-- ===== src/Zdo/Errors.antt =====
-- tophamm/src/zdo/errors.rs.
use tophamm.Outcome.{Outcome}
use tophamm.Deconz.Errors.{IoError}
use tophamm.Deconz.Errors

pub data ErrorKind : Type 0 where
  deconz : Errors.Error → ErrorKind
  io : IoError → ErrorKind
  channel_error : ErrorKind

pub data Error : Type 0 where
  error : ErrorKind → Error

-- The conversion by `From` of an error of the library.
abbrev pub from_deconz : Errors.Error → Error
from_deconz e = error (deconz e)

abbrev pub Result {ℓ} : Type ℓ → Type ℓ
Result A = Outcome Error A
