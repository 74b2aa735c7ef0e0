-- ===== src/Folder/Tests.antt =====
-- Runs of a folder, and instances of the theorems about it.
use khulnasoft_lab_vulnmap_l.Prelude.Maps.{lookup, store}
use khulnasoft_lab_vulnmap_l.Prelude.{
  codes, text_eq, ◌≡◌, ◌≢◌, refl, ◌⊎◌, ◌↔◌, true, false, List, [], ◌∷◌, none, some, All, Any,
}
use khulnasoft_lab_vulnmap_l.Externals.{sample}
use khulnasoft_lab_vulnmap_l.Vulnmap.Range.{Range}
use khulnasoft_lab_vulnmap_l.Vulnmap.Product.{open_source, unknown, open_source_type}
use khulnasoft_lab_vulnmap_l.Vulnmap.Issue.{
  Issue, high, dependency_vulnerability, no_data, get_filterable_issue_type,
}
use khulnasoft_lab_vulnmap_l.Config.{Config, default_severity_filter}
use khulnasoft_lab_vulnmap_l.Folder.{Folder, ScanData, new_folder, scanned, is_trusted}
use khulnasoft_lab_vulnmap_l.Folder.Results.{
  or_empty, process_issues, create_dedup_map, updated, unique_issue_id, member,
}
use khulnasoft_lab_vulnmap_l.Folder.Publish.{filter_issues, filter_and_publish_cached_diagnostics}
use khulnasoft_lab_vulnmap_l.Folder.Scan.{process_results}
use khulnasoft_lab_vulnmap_l.Folder.Clear.{clear_diagnostics_by_issue_type}
use khulnasoft_lab_vulnmap_l.Folder.Rescan.{process_results_twice}
use khulnasoft_lab_vulnmap_l.Folder.Invariant.{IsFiled}
use khulnasoft_lab_vulnmap_l.Folder.Operations.{
  Operation, deliver, scan_file, clear_path, clear_all, run, reachable-IsFiled,
}
use khulnasoft_lab_vulnmap_l.Folder.Removal.{clear_by_type-lookup, without_in}
use khulnasoft_lab_vulnmap_l.Folder.Notices.{
  published, hovered, shown_diagnostics, shown_hovers, publish_every_file,
}
use khulnasoft_lab_vulnmap_l.Folder.Filter.{Occurs, SeverityIsOn, ProductIsOn, filter_issues_iff}
use khulnasoft_lab_vulnmap_l.Folder.Trust.{BeginsWith, is_trusted_iff}

abbrev somewhere : Range
somewhere = record {
  start = record { line = 3; character = 0 };
  end = record { line = 3; character = 9 };
}

abbrev issue : Issue
issue = record {
  id = codes "VULN-1";
  severity = high;
  issue_type = dependency_vulnerability;
  range = somewhere;
  message = codes "bad";
  formatted_message = codes "";
  affected_file_path = codes "/w/pom.xml";
  product = open_source;
  references = [];
  issue_description_url = none;
  code_actions = [];
  codelens_commands = [];
  ecosystem = codes "maven";
  cwes = [];
  cves = [];
  additional_data = no_data;
}

abbrev config : Config
config = record {
  filter_severity = default_severity_filter;
  oss_enabled = true;
  code_enabled = false;
  code_quality_enabled = false;
  code_security_enabled = false;
  iac_enabled = true;
  trusted_folders_feature_enabled = true;
  trusted_folders = codes "/w" ∷ [];
  automatic_scanning = true;
}

abbrev found : ScanData
found = record {
  product = open_source;
  issues = issue ∷ issue ∷ [];
  err = none;
  duration_ms = 5;
  timestamp_finished = 7;
}

abbrev folder : Folder
folder = record {
  path = codes "/w";
  name = codes "w";
  status = scanned;
  cache = (codes "/w/pom.xml", issue ∷ []) ∷ (codes "/w/a/go.mod", []) ∷ [];
}

-- Within one delivery the same issue is stored as often as it is reported.
duplicates_kept :
    lookup (codes "/w/pom.xml") (updated (issue ∷ issue ∷ []) []).0 ≡ some (issue ∷ issue ∷ [])
unfolding updated create_dedup_map process_issues lookup store member text_eq unique_issue_id
duplicates_kept = refl

process_results_twice_example :
    (process_results sample config found (process_results sample config found folder).0).0
    ≡ (process_results sample config found folder).0
process_results_twice_example = process_results_twice sample config found folder

abbrev steps : List (Config × Operation)
steps =
    (config, deliver found)
    ∷ (config, clear_path (codes "/w/a"))
    ∷ (config, scan_file (codes "/w/pom.xml") [])
    ∷ (config, clear_all)
    ∷ []

reachable-IsFiled_example : IsFiled (run sample steps (new_folder (codes "/w/") (codes "w"))).cache
reachable-IsFiled_example = reachable-IsFiled sample (codes "/w/") (codes "w") steps

clear_by_type-lookup_example :
    (lookup
        (codes "/w/pom.xml")
        (clear_diagnostics_by_issue_type sample open_source_type folder).0.cache
      ≡ without_in open_source_type (lookup (codes "/w/pom.xml") folder.cache))
    × All
        (λ i. get_filterable_issue_type i ≢ open_source_type)
        (or_empty (
          lookup
            (codes "/w/pom.xml")
            (clear_diagnostics_by_issue_type sample open_source_type folder).0.cache))
unfolding lookup text_eq
clear_by_type-lookup_example =
    clear_by_type-lookup sample open_source_type folder (codes "/w/pom.xml") (refl, (refl, tt))

publish_every_file_example :
    (published (filter_and_publish_cached_diagnostics sample config unknown folder)
      ≡ shown_diagnostics sample config folder.cache)
    × (hovered (filter_and_publish_cached_diagnostics sample config unknown folder)
        ≡ shown_hovers config folder.cache)
publish_every_file_example = publish_every_file sample config unknown folder

filter_issues_iff_example : Occurs issue (filter_issues config (issue ∷ [])) ↔ (
    Occurs issue (issue ∷ [])
    × SeverityIsOn config issue.severity
    × ProductIsOn config issue.product issue.issue_type)
filter_issues_iff_example = filter_issues_iff config issue (issue ∷ [])

-- `/wrong` is trusted because `/w` is.
abbrev neighbour : Folder
neighbour = record folder { path = codes "/wrong" }

is_trusted_iff_example : (is_trusted config neighbour ≡ true) ↔ (
    (config.trusted_folders_feature_enabled ≡ false)
    ⊎ Any (BeginsWith neighbour.path) config.trusted_folders)
is_trusted_iff_example = is_trusted_iff config neighbour
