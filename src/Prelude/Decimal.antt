-- ===== src/Prelude/Decimal.antt =====
-- `fmt`'s `%d` of a natural number.
use Prim.Native.Nat.{ℕ, zero, suc, ◌+◌, ◌/◌, ◌%◌}
use mathlib.Core.List.{[], ◌∷◌}
use khulnasoft_lab_vulnmap_l.Prelude.Tests.{ltb, if◌then◌else◌}
use khulnasoft_lab_vulnmap_l.Prelude.Strings.{Text}

-- One digit a round, the last digit first; the number itself bounds the rounds.
decimal_from : ℕ → ℕ → Text → Text
decimal_from zero n acc = acc
decimal_from (suc fuel) n acc =
    let rest = decimal_from fuel (n / 10) ((48 + n % 10) ∷ acc) in
    if ltb n 10 then (48 + n) ∷ acc else rest

unfoldable pub decimal : ℕ → Text
unfolding decimal_from
decimal n = decimal_from (suc n) n []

++++++++++++++++++++

▶ **Your instructions**
Counting the lines of the material that hold the string "published", state the total and nothing besides.

▶ **Answer for the task**
2